— Коли разожглись, пусть будет так, как велит товариство! — угрюмо ответил Ермак и наказал: — Айда, собираться в дорожку!..
Не глядя на Строганова, атаман вышел из избы. Осиянный солнцем Орел-городок лежал на горе, обласканный теплом. Внизу текла Кама — широкая, бесконечная красавица река.
— Эх, милая, куда занесла казака! — тяжко вздохнул Ермак и загляделся на реку, над которой плыли нежные облака. И под ними каждую минуту Кама казалась новой, — то манила под солнышком невиданным простором и сочной зеленью берегов, то в густой тени, с нависшими над водой скалами становилась таинственной и грозной: то ласковая и родная, то чужая и неприветливая, когда из набежавшей тучи брызгал дождь.

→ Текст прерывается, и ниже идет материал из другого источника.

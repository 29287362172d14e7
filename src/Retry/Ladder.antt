-- ===== src/Retry/Ladder.antt =====
-- What backend/src/shared/retry.js promises of the ladder.
use hook_tracker.Prelude.{
  ℕ, suc, zero, ◌≤◌, ◌<◌, ◌≡◌, refl, ◌⊎◌, inl, inr, false, List, [], ◌∷◌, none, some, leb,
  get_elem?, get_last?, find, length, arith, Bool-cases, Option-cases, find-some, All, Option, Bool,
  subst, ◌∙◌,
}
use hook_tracker.Retry.{Level, stretch, select_retry_level, select_scheduled, scheduled_level}

-- The levels are in the order of their delays.
abbrev pub IsAscending : List Level → Type 0
IsAscending [] = Unit
IsAscending (l ∷ ls) = All (λ m. l.delay_ms ≤ m.delay_ms) ls × IsAscending ls

get_last?-All :
    (n : ℕ) (ls : List Level) {l : Level}
    → All (λ m. n ≤ m.delay_ms) ls
    → get_last? ls ≡ some l
    → n ≤ l.delay_ms
get_last?-All n [] h e = cc
get_last?-All n (x ∷ []) h e = ground arith
get_last?-All n (x ∷ y ∷ ls) h e = get_last?-All n (y ∷ ls) h.1 e

get_elem?-le-get_last? :
    (ls : List Level) (i : ℕ) {l : Level}
    → IsAscending ls
    → get_elem? ls i ≡ some l
    → (m : Level) × (get_last? ls ≡ some m) × (l.delay_ms ≤ m.delay_ms)
get_elem?-le-get_last? [] i up e = cc
get_elem?-le-get_last? (x ∷ []) zero up e = (x, refl, ground arith)
get_elem?-le-get_last? (x ∷ []) (suc i) up e = cc
get_elem?-le-get_last? (x ∷ y ∷ ls) zero {l} up e =
    let (m, last, _) = get_elem?-le-get_last? (y ∷ ls) zero {l = y} up.1 refl in
    (m, last, ground (arith, get_last?-All x.delay_ms (y ∷ ls) {l = m} up.0 last))
get_elem?-le-get_last? (x ∷ y ∷ ls) (suc i) up e = get_elem?-le-get_last? (y ∷ ls) i up.1 e

get_elem?-some :
    {A : Type 0} (xs : List A) (i : ℕ) → i < length xs → (a : A) × (get_elem? xs i ≡ some a)
get_elem?-some [] i h = elim h [ ]
get_elem?-some (x ∷ xs) zero h = (x, refl)
get_elem?-some (x ∷ xs) (suc i) h = get_elem?-some xs i (omega arith)

-- What the level chosen for a request of `requested` milliseconds has to satisfy.
pub record Honours (schedule : List Level) (base chosen : Level) (requested : ℕ) : Type 0 where
  pub not_sooner : base.delay_ms ≤ chosen.delay_ms
  pub covers : (requested ≤ chosen.delay_ms) ⊎ (get_last? schedule ≡ some chosen)

stretch-Honours :
    (schedule : List Level) (i requested : ℕ) {base : Level}
    → IsAscending schedule
    → get_elem? schedule i ≡ some base
    → (chosen : Level) × (stretch schedule base requested ≡ some chosen)
      × Honours schedule base chosen requested
unfolding stretch
stretch-Honours schedule i requested {base} up e = elim (Bool-cases (leb requested base.delay_ms)) [
  | inl within ↦ (base, rw within, record { not_sooner = omega arith; covers = inl (ground arith) })
  | inr over ↦ elim (Option-cases (find (λ level. leb requested level.delay_ms) schedule)) [
    | inl nothing ↦
        let (m, last, longer) = get_elem?-le-get_last? schedule i {l = base} up e in
        (m, rw (over, nothing) last, record { not_sooner = longer; covers = inr last })
    | inr (l, found) ↦
        let enough = find-some (λ level. leb requested level.delay_ms) schedule l found in
        (l, rw (over, found), record { not_sooner = ground arith; covers = inl (ground arith) })
  ]
]

-- An attempt of the ladder that is not the last one gets a level, whatever the receiver asked
-- for; the level is never sooner than the scheduled one, and it covers the request unless it is
-- the longest level there is.
pub select_retry_level-Honours :
    (attempt max_attempts requested : ℕ) (schedule : List Level)
    → IsAscending schedule
    → attempt < max_attempts
    → 1 ≤ attempt
    → attempt ≤ length schedule
    → (base chosen : Level) × (select_retry_level attempt max_attempts schedule none ≡ some base)
      × (select_retry_level attempt max_attempts schedule (some requested) ≡ some chosen)
      × Honours schedule base chosen requested
unfolding select_retry_level
select_retry_level-Honours zero max_attempts requested schedule up below pos within =
    absurd (omega arith)
select_retry_level-Honours (suc n) max_attempts requested schedule up below pos within =
    let (base, found) = get_elem?-some schedule n (omega arith) in
    let (chosen, eq, honours) = stretch-Honours schedule n requested {base = base} up found in
    let open_ladder : leb max_attempts (suc n) ≡ false = ground arith in
    (base, chosen, rw (open_ladder, found), rw (open_ladder, found) eq, honours)

-- The level that is chosen is one of the schedule: what holds of all of them holds of it.
module _ (P : Level → Type 0) where
  of_some : (x l : Level) → some x ≡ some l → P x → P l
  of_some x l e h = subst P (cc) h

  get_elem?-All : (ls : List Level) (i : ℕ) (l : Level) → All P ls → get_elem? ls i ≡ some l → P l
  get_elem?-All [] i l h e = cc
  get_elem?-All (x ∷ ls) zero l h e = of_some x l e h.0
  get_elem?-All (x ∷ ls) (suc i) l h e = get_elem?-All ls i l h.1 e

  get_last?-member : (ls : List Level) (l : Level) → All P ls → get_last? ls ≡ some l → P l
  get_last?-member [] l h e = cc
  get_last?-member (x ∷ []) l h e = of_some x l e h.0
  get_last?-member (x ∷ y ∷ ls) l h e = get_last?-member (y ∷ ls) l h.1 e

  find-All : (p : Level → Bool) (ls : List Level) (l : Level) → All P ls → find p ls ≡ some l → P l
  find-All p [] l h e = cc
  find-All p (x ∷ ls) l h e = elim (Bool-cases (p x)) [
    | inl hit ↦ of_some x l (rw hit at e) h.0
    | inr miss ↦ find-All p ls l h.1 (rw miss at e)
  ]

  stretch-All :
      (schedule : List Level) (scheduled l : Level) (requested : ℕ)
      → All P schedule
      → P scheduled
      → stretch schedule scheduled requested ≡ some l
      → P l
  unfolding stretch
  stretch-All schedule scheduled l requested h base e =
      elim (Bool-cases (leb requested scheduled.delay_ms)) [
        | inl within ↦ of_some scheduled l (rw within at e) base
        | inr over ↦ elim (Option-cases (find (λ level. leb requested level.delay_ms) schedule)) [
          | inl nothing ↦ get_last?-member schedule l h (rw (over, nothing) at e)
          | inr (larger, found) ↦ find-All _ schedule l h (found ∙ rw (over, found) at e)
        ]
      ]

  select_scheduled-All :
      (schedule : List Level) (requested : Option ℕ) (scheduled : Option Level) (l : Level)
      → All P schedule
      → ((s : Level) → scheduled ≡ some s → P s)
      → select_scheduled schedule requested scheduled ≡ some l
      → P l
  unfolding select_scheduled
  select_scheduled-All schedule requested none l h base e = cc
  select_scheduled-All schedule none (some s) l h base e = of_some s l e (base s refl)
  select_scheduled-All schedule (some requested) (some s) l h base e =
      stretch-All schedule s l requested h (base s refl) e

  scheduled_level-All :
      (schedule : List Level) (n : ℕ) (l : Level)
      → All P schedule
      → scheduled_level schedule n ≡ some l
      → P l
  unfolding scheduled_level
  scheduled_level-All schedule zero l h e = cc
  scheduled_level-All schedule (suc n) l h e = get_elem?-All schedule n l h e

  pub select_retry_level-All :
      (attempt max_attempts : ℕ) (schedule : List Level) (requested : Option ℕ) (l : Level)
      → All P schedule
      → select_retry_level attempt max_attempts schedule requested ≡ some l
      → P l
  unfolding select_retry_level
  select_retry_level-All attempt max_attempts schedule requested l h e =
      elim (Bool-cases (leb max_attempts attempt)) [
        | inl spent ↦ cc (rw spent at e)
        | inr left ↦
            select_scheduled-All schedule requested (scheduled_level schedule attempt) l h
              (λ s. scheduled_level-All schedule attempt s h) (rw left at e)
      ]
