-- ===== src/Worker/Decision.antt =====
-- Which outcome a message has, told without the tests of the code
-- (backend/src/worker/handle-delivery.js, backend/src/shared/retry.js).
use hook_tracker.Prelude.{
  ℕ, suc, zero, List, [], ◌∷◌, length, get_elem?, ltb, leb, ◌<◌, ◌≤◌, ◌≡◌, refl, ◌⊎◌, inl, inr,
  Option, none, some, Bool, true, false, arith, Bool-cases,
}
use hook_tracker.Retry.{
  Level, Failure, retryable, permanent, retry_schedule, classify_failure, should_retry,
  select_retry_level,
}
use hook_tracker.Retry.Ladder.{select_retry_level-Honours}
use hook_tracker.Status.{is_terminal, active, disabled}
use hook_tracker.Store.{Delivery, Endpoint, Event, SendResult}
use hook_tracker.Exchange.{
  Env, Headers, Resolved, pinned, rejected, TargetReason, invalid_url, unsupported_scheme,
  blocked_port, private_address, dns_failure, Outcome, unknown_delivery, already_finalised,
  endpoint_disabled, throttled, handled_ok, retrying_on, ssrf_blocked, failed, retry_after_ms,
  is_success, classify_rejection, rejection_result,
}
use hook_tracker.Worker.{next_retry_level}

-- A 2xx status, and what is worth another attempt: no answer, a 5xx, 408, 425 or 429.
abbrev pub IsSuccessful : Option ℕ → Type 0
IsSuccessful none = ⊥
IsSuccessful (some status) = (200 ≤ status) × (status < 300)

abbrev pub IsTransient : Option ℕ → Type 0
IsTransient none = Unit {0}
IsTransient (some status) = (500 ≤ status) ⊎ ((status ≡ 408) ⊎ ((status ≡ 425) ⊎ (status ≡ 429)))

-- No attempt comes after this one: MAX_ATTEMPTS is reached, or the ladder of five levels is used up.
abbrev pub IsLast : ℕ → ℕ → Type 0
IsLast most n = (most ≤ n) ⊎ (5 < n)

-- An attempt at a resolved target, with the headers and the event.
module _ (e : Env) (ev : Event) (h : Headers) where
  abbrev pub result_of : Resolved e.Target → SendResult
  result_of (rejected r) = rejection_result r
  result_of (pinned target) = e.send target h ev.payload

  abbrev pub HasSucceeded : Resolved e.Target → Type 0
  HasSucceeded (rejected r) = ⊥
  HasSucceeded (pinned target) = IsSuccessful (e.send target h ev.payload).response_status

  abbrev pub MayRetry : Resolved e.Target → Type 0
  MayRetry (rejected r) = r.reason ≡ some dns_failure
  MayRetry (pinned target) = IsTransient (e.send target h ev.payload).response_status

  -- The delay that the receiver asks for, and the level of the ladder that `retry.js` selects.
  abbrev pub requested_of : Resolved e.Target → Option ℕ
  requested_of (rejected r) = none
  requested_of (pinned target) =
      retry_after_ms e.answered_at (e.send target h ev.payload).response_headers

  abbrev pub next_level : ℕ → Resolved e.Target → Option Level
  next_level n t = select_retry_level n e.config.max_attempts e.schedule (requested_of t)

  -- The end of a failed delivery: a target that is refused for what it is, and the other ends.
  abbrev IsRefused : Resolved e.Target → Type 0
  IsRefused (rejected r) = ¬ (r.reason ≡ some dns_failure)
  IsRefused (pinned target) = ⊥

  abbrev IsSpent : ℕ → Resolved e.Target → Type 0
  IsSpent n (rejected r) = (r.reason ≡ some dns_failure) × IsLast e.config.max_attempts n
  IsSpent n (pinned target) =
      (¬ IsTransient (e.send target h ev.payload).response_status) ⊎ IsLast e.config.max_attempts n

  -- The outcomes of an attempt.
  abbrev pub Concludes : ℕ → Resolved e.Target → Outcome → Type 0
  Concludes n t unknown_delivery = ⊥
  Concludes n t already_finalised = ⊥
  Concludes n t endpoint_disabled = ⊥
  Concludes n t throttled = ⊥
  Concludes n t handled_ok = HasSucceeded t
  Concludes n t (retrying_on name) =
      (¬ HasSucceeded t) × MayRetry t × (n < e.config.max_attempts) × (n ≤ 5)
  Concludes n t ssrf_blocked = IsRefused t
  Concludes n t failed = (¬ HasSucceeded t) × IsSpent n t

-- The delivery is open, its endpoint is active, and the bucket grants a token.
abbrev pub IsSent : Delivery → Endpoint → Bool → Type 0
IsSent d ep granted = (is_terminal d.status ≡ false) × (ep.status ≡ active) × (granted ≡ true)

abbrev pub Decided : (e : Env) → Event → Headers → ℕ → Delivery → Endpoint → Bool → Outcome → Type 0
Decided e ev h n d ep granted unknown_delivery = ⊥
Decided e ev h n d ep granted already_finalised = is_terminal d.status ≡ true
Decided e ev h n d ep granted endpoint_disabled =
    (is_terminal d.status ≡ false) × (ep.status ≡ disabled)
Decided e ev h n d ep granted throttled =
    (is_terminal d.status ≡ false) × (ep.status ≡ active) × (granted ≡ false)
Decided e ev h n d ep granted handled_ok =
    IsSent d ep granted × Concludes e ev h n (e.resolve_target ep.url) handled_ok
Decided e ev h n d ep granted (retrying_on name) =
    IsSent d ep granted × Concludes e ev h n (e.resolve_target ep.url) (retrying_on name)
Decided e ev h n d ep granted ssrf_blocked =
    IsSent d ep granted × Concludes e ev h n (e.resolve_target ep.url) ssrf_blocked
Decided e ev h n d ep granted failed =
    IsSent d ep granted × Concludes e ev h n (e.resolve_target ep.url) failed

pub is_success-IsSuccessful : (status : Option ℕ) → is_success status ≡ true → IsSuccessful status
unfolding is_success
is_success-IsSuccessful none h = cc
is_success-IsSuccessful (some status) h = (ground arith, ground arith)

pub is_success-not_IsSuccessful :
    (status : Option ℕ) → is_success status ≡ false → ¬ IsSuccessful status
unfolding is_success
is_success-not_IsSuccessful none h s = s
is_success-not_IsSuccessful (some status) h (low, high) = ground arith

pub classify_failure-IsTransient :
    (status : Option ℕ) → classify_failure status ≡ retryable → IsTransient status
unfolding classify_failure
classify_failure-IsTransient none h = tt
classify_failure-IsTransient (some status) h = ground arith

pub classify_failure-not_IsTransient :
    (status : Option ℕ) → classify_failure status ≡ permanent → ¬ IsTransient status
unfolding classify_failure
classify_failure-not_IsTransient none h s = cc
classify_failure-not_IsTransient (some status) h s = ground arith

pub classify_rejection-dns :
    (reason : Option TargetReason)
    → classify_rejection reason ≡ retryable
    → reason ≡ some dns_failure
unfolding classify_rejection
classify_rejection-dns none h = cc
classify_rejection-dns (some dns_failure) h = refl
classify_rejection-dns (some invalid_url) h = cc
classify_rejection-dns (some unsupported_scheme) h = cc
classify_rejection-dns (some blocked_port) h = cc
classify_rejection-dns (some private_address) h = cc

pub classify_rejection-other :
    (reason : Option TargetReason)
    → classify_rejection reason ≡ permanent
    → ¬ (reason ≡ some dns_failure)
unfolding classify_rejection
classify_rejection-other reason h e = cc (rw e at h)

get_elem?-none : {A : Type 0} (xs : List A) (i : ℕ) → length xs ≤ i → get_elem? xs i ≡ none
get_elem?-none [] i h = refl
get_elem?-none (x ∷ xs) zero h = absurd (omega arith)
get_elem?-none (x ∷ xs) (suc i) h = get_elem?-none xs i (omega arith)

-- A level is chosen only at an attempt of the ladder, and at every one below MAX_ATTEMPTS.
select_retry_level-some :
    (m most : ℕ) (requested : Option ℕ) (level : Level)
    → select_retry_level (suc m) most retry_schedule requested ≡ some level
    → suc m ≤ 5
unfolding select_retry_level
select_retry_level-some m most requested level h = elim (Bool-cases (leb 5 m)) [
  | inl beyond ↦ ground (arith, get_elem?-none retry_schedule m (ground arith))
  | inr within ↦ ground arith
]

select_retry_level-total :
    (m most : ℕ) (requested : Option ℕ)
    → suc m < most
    → suc m ≤ 5
    → (level : Level) × (select_retry_level (suc m) most retry_schedule requested ≡ some level)
select_retry_level-total m most none below within =
    let (base, chosen, found, other, rest) =
      select_retry_level-Honours (suc m) most 0 retry_schedule (omega arith) below (omega arith)
        within in
    (base, found)
select_retry_level-total m most (some requested) below within =
    let (base, chosen, found, other, rest) =
      select_retry_level-Honours (suc m) most requested retry_schedule (omega arith) below
        (omega arith) within in
    (chosen, other)

-- What a chosen level says, and what its absence says.
pub next_retry_level-some :
    (e : Env) (c : Failure) (m : ℕ) (requested : Option ℕ) (level : Level)
    → e.schedule ≡ retry_schedule
    → next_retry_level e c (suc m) requested ≡ some level
    → (c ≡ retryable)
      × (suc m < e.config.max_attempts)
      × (suc m ≤ 5)
      × (select_retry_level (suc m) e.config.max_attempts e.schedule requested ≡ some level)
unfolding next_retry_level should_retry
next_retry_level-some e permanent m requested level s h = cc
next_retry_level-some e retryable m requested level s h =
    elim (Bool-cases (ltb (suc m) e.config.max_attempts)) [
      | inl below ↦
          let found : select_retry_level (suc m) e.config.max_attempts e.schedule requested
              ≡ some level =
            rw below at h in
          (
            refl,
            ground arith,
            select_retry_level-some m e.config.max_attempts requested level (rw s at found),
            found,
          )
      | inr over ↦ cc (rw over at h)
    ]

pub next_retry_level-none :
    (e : Env) (c : Failure) (m : ℕ) (requested : Option ℕ)
    → e.schedule ≡ retry_schedule
    → next_retry_level e c (suc m) requested ≡ none
    → (c ≡ permanent) ⊎ IsLast e.config.max_attempts (suc m)
unfolding next_retry_level should_retry
next_retry_level-none e permanent m requested s h = inl refl
next_retry_level-none e retryable m requested s h =
    elim (Bool-cases (ltb (suc m) e.config.max_attempts)) [
      | inr over ↦ inr (inl (ground arith))
      | inl below ↦ elim (Bool-cases (ltb 5 (suc m))) [
        | inl beyond ↦ inr (inr (ground arith))
        | inr within ↦
            let (level, found) =
              select_retry_level-total m e.config.max_attempts requested (ground arith)
                (ground arith) in
            let nothing : select_retry_level (suc m) e.config.max_attempts retry_schedule requested
                ≡ none =
              rw (below, s) at h in
            cc
      ]
    ]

Повеяло холодком от прозрачной волны, убегавшей по камскому простору. По гальке, обдирая ноги, вдоль берега бурлаки в лямке тянули огромную баржу, груженную солью. Оборванные, опаленные солнцем, истомленные, они шли, наваливаясь грудью на лямку, и пели тягучую горестную песню. Впереди шли три широкогрудых богатыря с взлохмаченными бородами, пот струился по бронзовым лицам; но такой мощью и силой веяло от их мускулистых тел, что казалось — дай им палицы в руки, они побьют и погромят все. Но они, как быки, тяжело и покорно шли в своем ярме. Позади их, заплетаясь ногами, шел исхудалый, желтоликий чахоточный старик, а рядом с ним — хрупкий, беловолосый мальчонка. Обоим лямка была не под силу.
На дороге из-за бугра показалась странница с котомкой за плечами. Лицо знакомое, чуть загорелое.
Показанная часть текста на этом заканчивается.